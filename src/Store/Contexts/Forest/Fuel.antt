-- ===== src/Store/Contexts/Forest/Fuel.antt =====
-- The walk up to the root: the number of rows is fuel enough.
use warp_work.Base.{
  ℕ, zero, suc, ◌<◌, ◌≤◌, ◌≡◌, ◌≢◌, refl, sym, ap, subst, ◌∙◌, not, Option, none, some, List, [],
  ◌∷◌, ◌++◌, In, length, length-append_one, In-append_one, In-append_left, In-append_last,
  length-keep, ◌-◌, find_holds, find-In, keep, ◌==◌, arith, Option-cases, inl, inr,
}
use warp_work.Store.Contexts.{Context, ContextDb, find_context}
use warp_work.Store.Contexts.Tree.{climb, ancestry}
use warp_work.Store.Contexts.Forest.{links, Rooted, root, under}
use warp_work.Store.Contexts.Forest.Walk.{
  at_root, below, climb-Climbs, Climbs-climb, climb-plus, climb_unique, climb-exact,
}

-- The rows with another id: all of them but this one at least.
abbrev without : Context → List Context → List Context
without c = keep (λ x. not (x.id == c.id))

length-without : (c : Context) (xs : List Context) → In c xs → length (without c xs) < length xs
length-without c [] h = absurd h
length-without c (x ∷ xs) (inl e) = ground (arith, length-keep (λ x. not (x.id == c.id)) xs)
length-without c (x ∷ xs) (inr h) = ground (arith, length-without c xs h)

In-without : (c x : Context) (xs : List Context) → In x xs → x.id ≢ c.id → In x (without c xs)
In-without c x [] h d = absurd h
In-without c x (y ∷ ys) (inl e) d = ground arith
In-without c x (y ∷ ys) (inr h) d = ground (arith, In-without c x ys h d)

module _ (db : ContextDb) where
  -- A row met on the way has a walk of its own, which is no longer.
  found_id : (id : ℕ) (c : Context) → find_context id db ≡ some c → c.id ≡ id
  unfolding find_context
  found_id id c e = ground (arith, find_holds (λ c. c.id == id) db.contexts c e)

  -- A walk from the row's id that is no longer than `n` rows.
  abbrev HasWalk : ℕ → Context → Type 0
  HasWalk n x = (m : ℕ) × (rows : List Context) × (climb m db x.id ≡ some rows) × (length rows ≤ n)

  own_walk :
      (n id : ℕ) (rows : List Context) (c : Context)
      → climb n db id ≡ some rows
      → c.id ≡ id
      → HasWalk (length rows) c
  own_walk n id rows c e d = (n, rows, subst (λ i. climb n db i ≡ some rows) (sym d) e, omega arith)

  climb-HasWalk :
      (n id : ℕ) (rows : List Context) (x : Context)
      → climb n db id ≡ some rows
      → In x rows
      → HasWalk (length rows) x
  climb-HasWalk zero id rows x e i = unfold climb in cc
  climb-HasWalk (suc n) id rows x e i = elim (climb-Climbs db n id rows e) [
    | at_root c q k r ↦ own_walk (suc n) id rows x e (only c q (rw r at i))
    | below c p above q k t r ↦ elim (In-append_one x c above (rw r at i)) [
      | inr same ↦ own_walk (suc n) id rows x e (ap (λ c. c.id) same ∙ found_id id c q)
      | inl higher ↦
          let (m, found, walk, short) = climb-HasWalk n p above x t higher in
          (
            m,
            found,
            walk,
            subst (λ l. length found ≤ length l) (sym r) (longer found above c short),
          )
    ]
  ]
    where
      only : (c : Context) → find_context id db ≡ some c → In x (c ∷ []) → x.id ≡ id
      only c q (inl same) = ap (λ c. c.id) same ∙ found_id id c q
      only c q (inr h) = absurd h

      longer :
          (found above : List Context) (c : Context)
          → length found ≤ length above
          → length found ≤ length (above ++ c ∷ [])
      longer found above c h = rw (length-append_one above c) (omega arith)

  -- So no row is met twice.
  not_above :
      (n id p : ℕ) (c x : Context) (above : List Context)
      → climb (suc n) db id ≡ some (above ++ c ∷ [])
      → climb n db p ≡ some above
      → In x above
      → x.id ≢ id
  not_above n id p c x above e t i same =
      let (m, rows, walk, short) = climb-HasWalk n p above x t i in
      let again =
        climb_unique db m (suc n) id rows (above ++ c ∷ [])
          (subst (λ i. climb m db i ≡ some rows) same walk) e in
      absurd (omega (arith, short, length-append_one above c, ap length again))

  -- The rows of a walk that are all in a list are no more than that.
  climb-fits :
      (n id : ℕ) (rows ys : List Context)
      → climb n db id ≡ some rows
      → ((x : Context) → In x rows → In x ys)
      → length rows ≤ length ys
  climb-fits zero id rows ys e h = unfold climb in cc
  climb-fits (suc n) id rows ys e h = elim (climb-Climbs db n id rows e) [
    | at_root c q k r ↦
        let less = length-without c ys (h c (rw r (inl refl))) in
        subst (λ l. length l ≤ length ys) (sym r) (omega (arith, less))
    | below c p above q k t r ↦
        let less = length-without c ys (h c (rw r (In-append_last c above))) in
        let higher = climb-fits n p above (without c ys) t (λ x i.
          In-without c x ys (h x (rw r (In-append_left x c above i)))
            (λ d. not_above n id p c x above (rw r at e) t i (d ∙ found_id id c q))) in
        subst (λ l. length l ≤ length ys) (sym r)
          (omega (arith, less, higher, length-append_one above c))
  ]

  climb-In :
      (n id : ℕ) (rows : List Context) (x : Context)
      → climb n db id ≡ some rows
      → In x rows
      → In x db.contexts
  climb-In zero id rows x e i = unfold climb in cc
  climb-In (suc n) id rows x e i = elim (climb-Climbs db n id rows e) [
    | at_root c q k r ↦ last c q (rw r at i)
    | below c p above q k t r ↦ elim (In-append_one x c above (rw r at i)) [
      | inl higher ↦ climb-In n p above x t higher
      | inr same ↦ last c q (inl same)
    ]
  ]
    where
      last : (c : Context) → find_context id db ≡ some c → In x (c ∷ []) → In x db.contexts
      last c q (inl same) =
          subst (λ c. In c db.contexts) (sym same)
            (unfold find_context in find-In (λ c. c.id == id) db.contexts c q)
      last c q (inr h) = absurd h

  -- A row that some fuel finds the root for is one that the number of rows does.
  pub climb-ancestry :
      (n id : ℕ) (rows : List Context) → climb n db id ≡ some rows → ancestry db id ≡ some rows
  climb-ancestry n id rows e =
      let few = climb-fits n id rows db.contexts e (λ x i. climb-In n id rows x e i) in
      unfold ancestry in
      subst (λ k. climb k db id ≡ some rows) (omega (arith, few))
        (climb-plus db (length db.contexts - length rows) (length rows) id rows
          (climb-exact db n id rows e))

  climb_row :
      (id : ℕ) (link : Option ℕ)
      → links db id ≡ some link
      → (c : Context) × (find_context id db ≡ some c) × (c.parent_id ≡ link)
  climb_row id link e = elim (Option-cases (find_context id db)) [
    | inl q ↦ absurd (ground arith)
    | inr (c, q) ↦ (c, q, ground arith)
  ]

  Rooted-climb :
      {id : ℕ} → Rooted db id → (n : ℕ) × (rows : List Context) × (climb n db id ≡ some rows)
  Rooted-climb {id} (root e) =
      let (c, q, k) = climb_row id none e in
      (1, c ∷ [], Climbs-climb db 0 id (c ∷ []) (at_root c q k refl))
  Rooted-climb {id} (under p e r) =
      let (c, q, k) = climb_row id (some p) e in
      let (n, above, t) = Rooted-climb r in
      (suc n, above ++ c ∷ [], Climbs-climb db n id (above ++ c ∷ []) (below c p above q k t refl))

  pub ancestry-Rooted :
      (id : ℕ) → Rooted db id → (rows : List Context) × (ancestry db id ≡ some rows)
  ancestry-Rooted id r = let (n, rows, e) = Rooted-climb r in (rows, climb-ancestry n id rows e)

  pub climb-length :
      (id : ℕ) (rows : List Context) (n : ℕ)
      → ancestry db id ≡ some rows
      → length db.contexts ≤ n
      → climb n db id ≡ some rows
  unfolding ancestry
  climb-length id rows n e h =
      subst (λ k. climb k db id ≡ some rows) (omega (arith, h))
        (climb-plus db (n - length db.contexts) (length db.contexts) id rows e)

-- The rows lead from `link` down to `id`: each has the one before it as its parent, and the last
-- one has the id.
abbrev pub Leads : ContextDb → Option ℕ → List Context → ℕ → Type 0
Leads db link [] id = link ≡ some id
Leads db link (c ∷ cs) id =
    (c.parent_id ≡ link) × (find_context c.id db ≡ some c) × Leads db (some c.id) cs id

Leads-append :
    (db : ContextDb) (link : Option ℕ) (rows : List Context) (c : Context) (p id : ℕ)
    → Leads db link rows p
    → c.parent_id ≡ some p
    → find_context c.id db ≡ some c
    → c.id ≡ id
    → Leads db link (rows ++ c ∷ []) id
Leads-append db link [] c p id e k q d = (k ∙ sym e, q, ap some d)
Leads-append db link (x ∷ xs) c p id (e, f, rest) k q d =
    (e, f, Leads-append db (some x.id) xs c p id rest k q d)

module _ (db : ContextDb) where
  own_row : (id : ℕ) (c : Context) → find_context id db ≡ some c → find_context c.id db ≡ some c
  own_row id c q = subst (λ i. find_context i db ≡ some c) (sym (found_id db id c q)) q

  climb-Leads : (n id : ℕ) (rows : List Context) → climb n db id ≡ some rows → Leads db none rows id
  climb-Leads zero id rows e = unfold climb in cc
  climb-Leads (suc n) id rows e = elim (climb-Climbs db n id rows e) [
    | at_root c q k r ↦
        subst (λ l. Leads db none l id) (sym r) (k, own_row id c q, ap some (found_id db id c q))
    | below c p above q k t r ↦
        subst (λ l. Leads db none l id) (sym r)
          (Leads-append db none above c p id (climb-Leads n p above t) k (own_row id c q)
            (found_id db id c q))
  ]

-- The walk of context_tree from a context whose chain of parents ends at a root ends within as
-- many steps as the table has rows, and with any more, with the rows that lead from that root down
-- to it: the first has no parent, each other one's parent is the one before it, every one is the
-- table's row with its id, and the last is the context.
pub climb-Rooted :
    (db : ContextDb) (id fuel : ℕ)
    → Rooted db id
    → length db.contexts ≤ fuel
    → (rows : List Context) × (climb fuel db id ≡ some rows)
      × (ancestry db id ≡ some rows)
      × Leads db none rows id
climb-Rooted db id fuel r h =
    let (rows, e) = ancestry-Rooted db id r in
    let walk = climb-length db id rows fuel e h in (rows, walk, e, climb-Leads db fuel id rows walk)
::::::::::
■ Task item
Give only the number of lines in the data that include the string "from".

■ Your response
4